Или с лукавой любезностью заметит:

– Естествознание, милостивый государь, – это работа человеческого ума, обращенного к природе. Исследовать ее надо без всяких толкований и понятий из других источников, кроме самой внешней природы, Поняли?

Мы слышали уже это определение из других уст и в другое время.

«Материалистическое мировоззрение, – писал Ф. Энгельс, – означает просто понимание природы такой, какова она есть, без всяких посторонних прибавлений».

Никто не знает, как трудно Павлову дисциплинировать свою мысль, изживать старые психологические понятия. Вчера он долго бился над смыслом некоторых явлений, и какое счастье, что никто его мыслей не подслушал. Брр… Какая психологическая белиберда!

Трудно сказать, для кого – для себя или для помощников – он каждый день вводит новые запреты: такие-то факты оказались неверными, такие-то опыты считать несостоявшимися. Вычеркнуть их из памяти – они ложны! Непослушные помощники награждаются нелюбезными прозвищами. Сам он эти правила неизменно нарушает. Что поделаешь, ему трудно, растут гипотезы, планы, затеи, не всегда вытекающие из проверенных фактов. Плохо, конечно, он и сам понимает, как много от этого вреда. Мысль должна быть устремлена в одну точку.
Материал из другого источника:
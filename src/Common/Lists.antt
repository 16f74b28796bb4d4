-- ===== src/Common/Lists.antt =====
-- Lists that are measured, filtered and summed by Boolean tests over native numbers.
use Prim.Native.Nat.{ℕ, suc, ◌+◌, ◌≤◌}
use mathlib.Core.Path.{◌≡◌, refl}
use mathlib.Core.Bool.{Bool, true, false, ◌&&◌, ◌||◌}
use mathlib.Core.List.{List, [], ◌∷◌, ◌++◌, map}
use native.Mathlib.Omega.{arith}
use mathlib.Core.Logic.{inl, inr}
use kaasb.Common.Tests.{if◌then◌else◌, Bool-cases}

module _ {ℓ} {A : Type ℓ} where
  abbrev pub length : List A → ℕ
  length [] = 0
  length (x ∷ xs) = suc (length xs)

  -- The rows of a query with a `where`.
  abbrev pub select : (A → Bool) → List A → List A
  select p [] = []
  select p (x ∷ xs) = if p x then x ∷ select p xs else select p xs

  abbrev pub any : (A → Bool) → List A → Bool
  any p [] = false
  any p (x ∷ xs) = p x || any p xs

  abbrev pub all : (A → Bool) → List A → Bool
  all p [] = true
  all p (x ∷ xs) = p x && all p xs

  -- `sum(f(x) for x in xs)`
  abbrev pub sum_of : (A → ℕ) → List A → ℕ
  sum_of f [] = 0
  sum_of f (x ∷ xs) = f x + sum_of f xs

  -- A predicate holds of every entry.
  abbrev pub All {κ} : (A → Type κ) → List A → Type κ
  All P [] = Unit
  All P (x ∷ xs) = P x × All P xs

module _ {ℓ} {A : Type ℓ} where
  pub sum_of-append : (f : A → ℕ) (xs ys : List A) → sum_of f (xs ++ ys) ≡ sum_of f xs + sum_of f ys
  sum_of-append f [] ys = omega arith
  sum_of-append f (x ∷ xs) ys = omega (arith, sum_of-append f xs ys)

  pub sum_of-ext : (f g : A → ℕ) → ((a : A) → f a ≡ g a) → (xs : List A) → sum_of f xs ≡ sum_of g xs
  sum_of-ext f g same [] = refl
  sum_of-ext f g same (x ∷ xs) = omega (arith, same x, sum_of-ext f g same xs)

  pub select-append :
      (p : A → Bool) (xs ys : List A) → select p (xs ++ ys) ≡ select p xs ++ select p ys
  select-append p [] ys = refl
  select-append p (x ∷ xs) ys = ground (arith, select-append p xs ys)

  -- A query that no row passes.
  pub select-none : (p : A → Bool) (xs : List A) → All (λ x. p x ≡ false) xs → select p xs ≡ []
  select-none p [] h = refl
  select-none p (x ∷ xs) h = rw h.0 (select-none p xs h.1)

  -- The rows that a query leaves out.
  pub select-empty : (p : A → Bool) (xs : List A) → select p xs ≡ [] → All (λ x. p x ≡ false) xs
  select-empty p [] e = tt
  select-empty p (x ∷ xs) e = ground (arith, select-empty p xs)

  pub All-select {κ} :
      (P : A → Type κ) (p : A → Bool) (xs : List A) → All P xs → All P (select p xs)
  All-select P p [] h = tt
  All-select P p (x ∷ xs) h = elim (Bool-cases (p x)) [
    | inl hit ↦ rw hit (h.0, All-select P p xs h.1)
    | inr miss ↦ rw miss (All-select P p xs h.1)
  ]

  pub any-none : (p : A → Bool) (xs : List A) → select p xs ≡ [] → any p xs ≡ false
  any-none p [] e = refl
  any-none p (x ∷ xs) e = ground (arith, any-none p xs)

  pub length-append : (xs ys : List A) → length (xs ++ ys) ≡ length xs + length ys
  length-append [] ys = omega arith
  length-append (x ∷ xs) ys = omega (arith, length-append xs ys)

  pub All-append {κ} : (P : A → Type κ) (xs ys : List A) → All P xs → All P ys → All P (xs ++ ys)
  All-append P [] ys hx hy = hy
  All-append P (x ∷ xs) ys hx hy = (hx.0, All-append P xs ys hx.1 hy)

  pub All-of {κ} : {P : A → Type κ} → ((a : A) → P a) → (xs : List A) → All P xs
  All-of h [] = tt
  All-of h (x ∷ xs) = (h x, All-of h xs)

  pub All-map {κ} :
      (P : A → Type κ) (f : A → A)
      → ((a : A) → P a → P (f a))
      → (xs : List A) → All P xs
      → All P (map f xs)
  All-map P f h [] a = tt
  All-map P f h (x ∷ xs) a = (h x a.0, All-map P f h xs a.1)

  pub All-imp {κ μ} :
      (P : A → Type κ) (Q : A → Type μ)
      → ((a : A) → P a → Q a)
      → (xs : List A) → All P xs
      → All Q xs
  All-imp P Q h [] a = tt
  All-imp P Q h (x ∷ xs) a = (h x a.0, All-imp P Q h xs a.1)

module _ {ℓ} {A : Type ℓ} (p : A → Bool) (a : A) where
  -- Where one row passes a test, every row that passes is that one.
  pub select-single : (xs : List A) → select p xs ≡ a ∷ [] → All (λ x. p x ≡ true → x ≡ a) xs
  select-single [] e = tt
  select-single (x ∷ xs) e = elim (Bool-cases (p x)) [
    | inl hit ↦
        let h : x ∷ select p xs ≡ a ∷ [] = rw hit at e in
        (
          λ _. cc,
          All-imp (λ y. p y ≡ false) (λ y. p y ≡ true → y ≡ a) (λ y no_pass pass. absurd (cc)) xs
              (select-empty p xs (cc)),
        )
    | inr miss ↦ (λ hit. absurd (cc), select-single xs (rw miss at e))
  ]

module _ {ℓ} {A : Type ℓ} where
  pub select-and :
      (p q : A → Bool) (xs : List A) → select (λ x. p x && q x) xs ≡ select q (select p xs)
  select-and p q [] = refl
  select-and p q (x ∷ xs) = ground (arith, select-and p q xs)

  pub select-map :
      (p : A → Bool) (f : A → A)
      → ((a : A) → p (f a) ≡ p a)
      → (xs : List A) → select p (map f xs) ≡ map f (select p xs)
  select-map p f same [] = refl
  select-map p f same (x ∷ xs) = ground (arith, same x, select-map p f same xs)

  -- A rewriting after which no further row passes.
  pub length-select-map :
      (p : A → Bool) (f : A → A)
      → ((a : A) → p (f a) ≡ true → p a ≡ true)
      → (xs : List A) → length (select p (map f xs)) ≤ length (select p xs)
  length-select-map p f back [] = omega arith
  length-select-map p f back (x ∷ xs) = ground (arith, back x, length-select-map p f back xs)

pub All-zip :
    {A : Type 0} (P Q R : A → Type 0)
    → ((a : A) → P a → Q a → R a)
    → (xs : List A) → All P xs
    → All Q xs
    → All R xs
All-zip P Q R h [] p q = tt
All-zip P Q R h (x ∷ xs) p q = (h x p.0 q.0, All-zip P Q R h xs p.1 q.1)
Напряженно и мучительно рождалась новая наука. Люди изнывали, некоторые не выдерживали. На смену им приходили другие, чтоб из гор шлака добывать крупицу истины. Каждая закономерность бралась с боя после месяцев упорства и труда. Законы угашения временной связи – как будто легкая задача – потребовали пятидесяти тысяч отдельных опытов. Механизм действия брома был определен после десяти тысяч различных экспериментов. И все же люди не отступали, настойчиво добивались ответов у природы.

Суровая природа! Миллионы людей вопрошали ее, а многие ли из них получали ответ? Нужны были изумительная ловкость и изобретательность, железные мышцы и воля, чтобы подступиться к ней. У микробиологов были чудесные линзы, отточенные мастерской рукой; у астрономов – зрительная труба, у великих физиков и химиков – иные творения человеческого ума. Как выглядит при этом «инструмент» Павлова – слюнная железа собаки?… Никогда еще в истории науки не решались вопрошать природу при помощи столь своеобразного средства.

С исключительной смелостью Павлов высказывает свое убеждение, что должна быть создана новая, экспериментальная психология и что достигнуть этого возможно средствами слюнных желез. С их помощью он подвергнет анализу высшую нервную деятельность животного, а со временем переберет основные психологические понятия и сопоставит их со всем объективным материалом, докажет, до какой степени они фантастичны и носят грубо эмпирический характер.